Comment les grandes métropoles combattent la flambée des loyers

Vendredi, l’État de New York a adopté une loi qui supprime une série de dispositions qui permettaient aux propriétaires de contourner l’encadrement de centaines de milliers de loyers à l’occasion d’un changement de locataire ou de travaux de rénovation.
Photo: Spencer Platt Getty Images North America/AFP Vendredi, l’État de New York a adopté une loi qui supprime une série de dispositions qui permettaient aux propriétaires de contourner l’encadrement de centaines de milliers de loyers à l’occasion d’un changement de locataire ou de travaux de rénovation.

Comme Berlin, qui a annoncé mardi des mesures visant à geler les loyers pendant cinq ans, d’autres grandes métropoles s’efforcent de contenir la flambée des loyers, phénomène généralisé dans les centres urbains.

Paris

La ville de Paris s’apprête à plafonner à nouveau les loyers à partir du 1er juillet. Une mesure déjà en vigueur entre 2015 et 2017, mais qui avait été annulée par la justice.

Cette réglementation est censée répondre à la flambée de l’immobilier parisien depuis dix ans : le prix de vente d’un appartement au mètre carré a bondi de moitié, une progression nettement supérieure à la moyenne du pays.

Ce plafonnement, que compte aussi remettre en place la ville de Lille, est distinct d’un encadrement qui existe depuis plusieurs années dans les principales grandes villes françaises et limite les possibilités de hausse des loyers entre deux locataires.

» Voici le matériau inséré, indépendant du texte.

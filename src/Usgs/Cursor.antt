-- ===== src/Usgs/Cursor.antt =====
-- services/ingestion-usgs/src/ingestion_usgs/cursor.py: the protocol `CursorStore`, and its two
-- classes.
use sentinel_chain.Base.{String, Bool, true, false, Option, none, some, List, [], ◌∷◌}
use sentinel_chain.Base.Int.{ℤ}
use sentinel_chain.Base.Text.{concat}
use sentinel_chain.Base.Result.{Result, ok, err}
use sentinel_chain.Base.Exec.{Exec, pure, gets, lift, modify, ◌>>=◌, ◌>>◌}
use sentinel_chain.Base.Dict.{Dict, lookup, insert}
pub mod Laws
pub mod Calls
pub mod Refines
mod Tests

-- The operations of `CursorStore`, over the state of the store; all but `ping` may raise.
pub record CursorStore (X : Type 0) : Type 1 where
  pub State : Type 0
  pub seen_marker : String → Exec X State (Option String)
  -- `record`
  pub record_marker : String → String → Exec X State (Unit {0})
  pub get_cursor_ms : Exec X State (Option ℤ)
  pub set_cursor_ms : ℤ → Exec X State (Unit {0})
  pub ping : State → Bool × State
  pub aclose : Exec X State (Unit {0})

unfoldable pub marker_for : String → String → String
marker_for source_version payload_hash = concat (source_version ∷ ":" ∷ payload_hash ∷ [])

pub record InMemory : Type 0 where
  pub markers : Dict String
  pub cursor_ms : Option ℤ

-- `InMemoryCursorStore`
abbrev pub in_memory : (X : Type 0) → CursorStore X
in_memory X = record {
  State = InMemory;
  seen_marker = λ id. gets (λ s. lookup id s.markers);
  record_marker = λ id marker. modify (λ s. record s { markers = insert id marker s.markers });
  get_cursor_ms = gets (λ s. s.cursor_ms);
  set_cursor_ms = λ value. modify (λ s. record s { cursor_ms = some value });
  ping = λ s. (true, s);
  aclose = pure tt;
}

-- A Redis client: `get`, and `set` with the seconds after which the key expires, if any. `int_of`
-- is `int(text)`, and `show_int` the text that the client stores for an int.
pub record Redis (X : Type 0) : Type 1 where
  pub Db : Type 0
  pub get : String → Exec X Db (Option String)
  pub set : String → String → Option ℤ → Exec X Db (Unit {0})
  pub ping : Exec X Db Bool
  pub aclose : Exec X Db (Unit {0})
  pub int_of : String → Result X ℤ
  pub show_int : ℤ → String

abbrev pub event_prefix : String
event_prefix = "usgs:event:"

abbrev pub cursor_key : String
cursor_key = "usgs:cursor:last_updated_ms"

-- `RedisCursorStore`, with its `ttl_seconds`
module _ {X : Type 0} (redis : Redis X) (ttl : ℤ) where
  abbrev pub as_int : Option String → Exec X redis.Db (Option ℤ)
  as_int none = pure none
  as_int (some value) = lift (redis.int_of value) >>= λ n. pure (some n)

  -- an exception of the client counts as no answer
  abbrev pub answered : Result X Bool → Bool
  answered (ok b) = b
  answered (err x) = false

  abbrev pub redis_store : CursorStore X
  redis_store = record {
    State = redis.Db;
    seen_marker = λ id. redis.get (concat (event_prefix ∷ id ∷ []));
    record_marker = λ id marker. redis.set (concat (event_prefix ∷ id ∷ [])) marker (some ttl);
    get_cursor_ms = redis.get cursor_key >>= as_int;
    set_cursor_ms = λ value. redis.set cursor_key (redis.show_int value) none;
    ping = λ db. let (r, db') = redis.ping db in (answered r, db');
    aclose = redis.aclose;
  }
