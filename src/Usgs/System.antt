-- ===== src/Usgs/System.antt =====
-- The state of the ingestion process, and what it uses of other software: the settings, the clock,
-- the Kafka client, the serializers, the cursor store, the feed client, hashes and texts.
use sentinel_chain.Base.{ℕ, Bool, String, Option, List}
use sentinel_chain.Base.Result.{Result, ok, err}
use sentinel_chain.Base.Exec.{Exec}
use sentinel_chain.Base.Runtime.{Runtime, StdError}
use sentinel_chain.Base.Json.{Fields}
use sentinel_chain.Common.Envelope.{EventEnvelope}
use sentinel_chain.Common.Kafka.{Kafka}
use sentinel_chain.Usgs.Parser.{
  FeatureParseError, ParseMessage, ParseRaise, parse_error, std as std_raise,
}
use sentinel_chain.Usgs.Cursor.{CursorStore}

-- An exception that reaches the poll cycle: of a client, of the runtime, or of the parser.
pub data Raised (R : Runtime) (X : Type 0) : Type 0 where
  external : X → Raised R X
  std : StdError → Raised R X
  feature : FeatureParseError R.Float → Raised R X

pub record System (R : Runtime) (X : Type 0) : Type 1 where
  -- the settings
  pub raw_topic : String
  pub dq_topic : String
  pub future_tolerance : R.Float
  -- the clock, the ids and the feed
  pub Env : Type 0
  pub utcnow : Env → R.Datetime × Env
  pub new_uuid : Env → String × Env
  pub fetch_feed : Exec X Env (Fields R.Float)
  -- whether an exception is an `Exception`, as against a mere `BaseException` such as cancellation
  pub is_exception : X → Bool
  -- `aclose` of the feed client
  pub close_client : Exec X Env (Unit {0})
  pub kafka : Kafka R X
  -- `AvroEnvelopeSerializer` of a topic
  pub serialize : String → EventEnvelope R → Exec X Env kafka.Bytes
  pub store : CursorStore X
  -- `json.dumps` of a payload to hash and of one to keep, and the digest
  pub dumps : Fields R.Float → String
  pub dumps_raw : Fields R.Float → String
  pub sha256 : String → String
  -- the text of a `FeatureParseError`
  pub show_message : ParseMessage R.Float → String

-- metrics.py, the counters and the gauge for the source "usgs"
pub record Metrics (R : Runtime) : Type 0 where
  pub poll_total : ℕ
  pub poll_failure_total : ℕ
  pub records_fetched_total : ℕ
  pub records_produced_total : ℕ
  pub records_duplicate_total : ℕ
  pub records_invalid_total : ℕ
  pub cursor_lag : Option R.Float

pub record PollState {R : Runtime} {X : Type 0} (sys : System R X) : Type 0 where
  pub env : sys.Env
  -- `_producer` of the envelope producer, and `_delivered` of the raw event producer
  pub client : Option sys.kafka.Client
  pub delivered : List String
  pub store : sys.store.State
  pub metrics : Metrics R

module _ {R : Runtime} {X : Type 0} where
  abbrev pub from_outside : {A : Type 0} → Result X A → Result (Raised R X) A
  from_outside (ok a) = ok a
  from_outside (err x) = err (external x)

  abbrev pub from_std : {A : Type 0} → Result StdError A → Result (Raised R X) A
  from_std (ok a) = ok a
  from_std (err e) = err (std e)

  abbrev pub from_parse : {A : Type 0} → Result (ParseRaise R.Float) A → Result (Raised R X) A
  from_parse (ok a) = ok a
  from_parse (err (parse_error e)) = err (feature e)
  from_parse (err (std_raise e)) = err (std e)

  module _ (sys : System R X) where
    abbrev pub Poll : Type 0 → Type 0
    Poll A = Exec (Raised R X) (PollState sys) A

    abbrev pub on_env : {A : Type 0} → (sys.Env → A × sys.Env) → Poll A
    on_env m s = let (a, env) = m s.env in (ok a, record s { env = env })

    abbrev pub on_store : {A : Type 0} → Exec X sys.store.State A → Poll A
    on_store m s = let (r, store) = m s.store in (from_outside r, record s { store = store })

    abbrev pub on_client : {A : Type 0} → Exec X (Option sys.kafka.Client) A → Poll A
    on_client m s = let (r, client) = m s.client in (from_outside r, record s { client = client })

    abbrev pub on_wire : {A : Type 0} → Exec X (Option sys.kafka.Client × sys.Env) A → Poll A
    on_wire m s =
        let (r, wire) = m (s.client, s.env) in
        (from_outside r, record s { client = wire.0; env = wire.1 })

Parallèlement, la ville de Paris s’oppose régulièrement à AirBnB. Un de ses élus a demandé l’interdiction des locations dans le centre, et Paris réfléchit à abaisser le nombre de jours de location par an et par logement. En début d’année, elle a aussi assigné en justice le site pour des annonces jugées illégales, mais la ville a été déboutée.

New York

Vendredi, l’État de New York a adopté une loi censée enrayer la disparition des logements à prix abordables et une gentrification galopante. Le texte supprime une série de dispositions qui permettaient aux propriétaires de contourner l’encadrement de centaines de milliers de loyers à l’occasion d’un changement de locataire ou de travaux de rénovation.

Depuis 1994, ces dispositions se sont traduites par la disparition d’environ 300 000 appartements du parc de logements à loyers régulés à New York même.

Ce texte devrait affecter directement quelque 2,4 millions de New-Yorkais, sur une population totale d’environ 8,5 millions d’habitants, qui vivent dans près d’un million d’appartements aux loyers toujours encadrés aujourd’hui. Il ouvre également la possibilité d’instaurer un système de loyers régulés dans toutes les localités de l’État de New York.

Vienne

La capitale autrichienne revendique le titre de « capitale du logement abordable » grâce une recette centenaire basée sur une forte régulation.

Environ 60 % des 1,9 million d'habitants que compte Vienne résident dans un appartement à loyer plafonné, propriété de la ville ou de promoteurs d’intérêt public. Cette abondance de logements subventionnés contribue à freiner la hausse des prix sur le marché privé.

Le plafond de revenus pour prétendre à un logement municipal est de 46 400 euros par an (environ 69 800 dollars canadiens) pour une personne seule et 87 430 euros par an (autour de 131 500 dollars) pour une famille de quatre personnes. Ces logements sont transmissibles aux proches.

Barcelone

Les loyers ont augmenté de 35 % depuis 2010, en partie sous l’influence des nombreuses locations de courte durée proposées sur des plateformes comme Airbnb. La municipalité a pris des mesures drastiques contre les locations saisonnières, ordonnant la fermeture de plusieurs milliers de locations ne disposant pas de licence touristique et gelant l’attribution de toute nouvelle licence.

Des « surveillants » municipaux passent au crible les annonces de plateformes locatives pour débusquer les locations illégales. Des mesures d’encadrement des loyers pourraient voir le jour prochainement.

Stockholm

Quelque 44 % des logements sont loués par des institutions ou des propriétaires privés possédant plusieurs appartements.

Afin de garantir leur « juste » prix, ces loyers encadrés sont négociés annuellement entre représentants de propriétaires et de locataires. Pour y accéder, une inscription sur une liste d’attente pouvant atteindre 20 ans ou à un système de loterie est nécessaire. Une fois détenteur d’un bail de ce type, un locataire peut y vivre de façon illimitée, mais aussi l’échanger contre un autre.

Mais 25 % des locations se font de manière illégale, selon un rapport datant de 2017, par le biais d’une sous-location sans autorisation préalable.